WORKING DATA START
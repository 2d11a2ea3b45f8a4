-- ===== src/Api/Webhooks/Loss.antt =====
-- An event whose job the queue refuses.
use whatsapp_bot.Prelude.{
  ◌≡◌, refl, ◌∙◌, String, true, false, some, List, [], ◌∷◌, string_eq, text_eq_refl, arith,
}
use whatsapp_bot.Store.Session.{World, Job, Error, ok, err}
use whatsapp_bot.Repositories.Webhooks.{claim}
use whatsapp_bot.Repositories.Webhooks.Ledger.{IsLedger, claimed}
use whatsapp_bot.Api.Webhooks.{Queue, enqueue, claim_and_dispatch}
use whatsapp_bot.Api.Webhooks.Delivery.{go_on, run_step}

module _ (business_id : String) (job : String → Job) (event_type key : String) where
  go_on-refused :
      (queue : Queue) (keys : List String) (w : World) {e : Error}
      → queue (job key) w.jobs ≡ some e
      → go_on queue business_id job event_type key keys true w ≡ (err e, w)
  unfolding enqueue
  go_on-refused queue keys w refused = rw refused refl

  -- Where the ledger's constraints hold and the queue raises an exception on the job of a new event,
  -- the webhook call raises it and enqueues nothing, whatever events follow; and when the event is
  -- delivered again, to whatever queue, it is taken for a duplicate: the call answers that none was
  -- claimed and still enqueues nothing, so the event is lost.
  pub claim_and_dispatch-loses :
      (queue later : Queue) (keys : List String) (w : World) (e : Error)
      → IsLedger w.db
      → claimed business_id key w ≡ false
      → queue (job key) w.jobs ≡ some e
      → let first = claim_and_dispatch queue business_id job event_type (key ∷ keys) w in
        let again = claim_and_dispatch later business_id job event_type (key ∷ []) first.1 in
        (first.0 ≡ err e) × (first.1.jobs ≡ w.jobs) × (again.0 ≡ ok 0) × (again.1.jobs ≡ w.jobs)
  claim_and_dispatch-loses queue later keys w e l new refused =
      let w1 = (claim business_id key event_type w).1 in
      let (step, c) = run_step queue business_id job event_type key keys w l in
      let all : claim_and_dispatch queue business_id job event_type (key ∷ keys) w ≡ (err e, w1) =
        step ∙ rw new (go_on-refused queue keys w1 (rw c.jobs refused)) in
      let (step', c') = run_step later business_id job event_type key [] w1 c.ledger in
      let old : claimed business_id key w1 ≡ true = ground (arith, c.marks key, text_eq_refl key) in
      let w2 = (claim business_id key event_type w1).1 in
      let again : claim_and_dispatch later business_id job event_type (key ∷ []) w1 ≡ (ok 0, w2) =
        step' ∙ rw old (unfold claim_and_dispatch in refl) in
      rw (all, again) (refl, c.jobs, refl, c'.jobs ∙ c.jobs)
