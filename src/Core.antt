-- ===== src/Core.antt =====
-- app/core, as far as it has rules of its own.
pub mod Security
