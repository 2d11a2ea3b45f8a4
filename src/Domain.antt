-- ===== src/Domain.antt =====
-- app/domain: enumerations, configuration, table rows and the pure rules.
pub mod Enums
pub mod Config
pub mod Models
pub mod Schemas
pub mod Rules
pub mod Phone
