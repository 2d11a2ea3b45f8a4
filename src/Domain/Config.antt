-- ===== src/Domain/Config.antt =====
-- app/domain/config_schema.py: the configuration that the rules and services read. A text "HH:MM"
-- is the time that it parses to. Confidences and rates are counted in millionths of 1.
use whatsapp_bot.Prelude.{
  ℕ, zero, suc, ◌+◌, ◌*◌, String, Bool, true, Option, none, some, List, leb, ltb, any, ◌==◌,
  if◌then◌else◌, ◌&&◌,
}
use whatsapp_bot.Domain.Enums.{
  Intent, TemplateCategory, TemplateStatus, template_status_eq, intent_eq,
}

-- `datetime.time(hour, minute)`, in microseconds from midnight
abbrev pub time : ℕ → ℕ → ℕ
time hour minute = (hour * 60 + minute) * 60_000_000

abbrev pub day : ℕ
day = 86_400_000_000

abbrev pub hour_length : ℕ
hour_length = 3_600_000_000

pub record DayHours : Type 0 where
  pub closed : Bool
  pub opens : ℕ
  pub closes : ℕ

-- What `_check_range` lets through.
abbrev pub day_hours_valid : DayHours → Bool
day_hours_valid h = if h.closed then true else ltb h.opens h.closes

pub record BusinessHours : Type 0 where
  pub monday : DayHours
  pub tuesday : DayHours
  pub wednesday : DayHours
  pub thursday : DayHours
  pub friday : DayHours
  pub saturday : DayHours
  pub sunday : DayHours

-- `BusinessHours.for_weekday`; past the tuple Python raises `IndexError`, which is `none`.
unfoldable pub for_weekday : BusinessHours → ℕ → Option DayHours
for_weekday b zero = some b.monday
for_weekday b (suc zero) = some b.tuesday
for_weekday b (suc (suc zero)) = some b.wednesday
for_weekday b (suc (suc (suc zero))) = some b.thursday
for_weekday b (suc (suc (suc (suc zero)))) = some b.friday
for_weekday b (suc (suc (suc (suc (suc zero))))) = some b.saturday
for_weekday b (suc (suc (suc (suc (suc (suc zero)))))) = some b.sunday
for_weekday b (suc (suc (suc (suc (suc (suc (suc _))))))) = none

-- A time zone of `zoneinfo`, which the repository does not implement: the wall clock at a moment,
-- and the moment that a wall clock names, both in microseconds.
pub record Zone : Type 0 where
  pub to_local : ℕ → ℕ
  pub from_local : ℕ → ℕ

pub record EmergencyInfo : Type 0 where
  pub enabled : Bool
  pub message : Option String

pub record BusinessConfig : Type 0 where
  pub business_id : String
  pub name : String
  pub timezone : String
  pub tzinfo : Zone
  pub supported_languages : List String
  pub default_language : String
  pub greeting : String
  pub business_hours : BusinessHours
  pub emergency : EmergencyInfo
  pub human_agent_name : String

pub record ConfidenceThresholds : Type 0 where
  pub reply : ℕ
  pub escalate : ℕ

pub record QuietHours : Type 0 where
  pub enabled : Bool
  pub start : ℕ
  pub finish : ℕ

pub record CampaignLimits : Type 0 where
  pub batch_size : ℕ
  pub max_failure_rate : ℕ
  pub min_sample_before_pause : ℕ

pub record FeatureFlags : Type 0 where
  pub knowledge_retrieval : Bool
  pub campaigns_enabled : Bool
  pub auto_mark_read : Bool
  pub store_message_content : Bool

pub record BusinessHoursBehaviour : Type 0 where
  pub reply_outside_hours : Bool
  pub outside_hours_message : String

pub record BotConfig : Type 0 where
  pub enabled_intents : List Intent
  pub thresholds : ConfidenceThresholds
  pub max_response_chars : ℕ
  pub history_limit : ℕ
  pub conversation_expiry_hours : ℕ
  pub business_hours_behaviour : BusinessHoursBehaviour
  pub quiet_hours : QuietHours
  pub campaign : CampaignLimits
  pub supported_message_types : List String
  pub stop_words : List String
  pub handover_keywords : List String
  pub opt_in_keywords : List String
  pub features : FeatureFlags

-- What the model validators of `ConfidenceThresholds` and `BotConfig` let through.
abbrev pub thresholds_valid : ConfidenceThresholds → Bool
thresholds_valid t = leb t.escalate t.reply

abbrev pub mandatory_compliance_intents : BotConfig → Bool
mandatory_compliance_intents bot =
    any (λ i. i == Intent.opt_out) bot.enabled_intents
    && any (λ i. i == Intent.human_agent_request) bot.enabled_intents

pub record TemplateDefinition : Type 0 where
  pub name : String
  pub language : String
  pub category : TemplateCategory
  pub status : TemplateStatus
  pub requires_opt_in : Bool

-- `TemplateDefinition.is_sendable`
unfoldable pub is_sendable : TemplateDefinition → Bool
is_sendable t = t.status == TemplateStatus.approved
WORKING DATA END
▶ **WORK ORDER**
Which lines in the data above contain "closes"? Show each one.

▶ **OUTPUT OF THE EXERCISE**
  pub closes : ℕ
day_hours_valid h = if h.closed then true else ltb h.opens h.closes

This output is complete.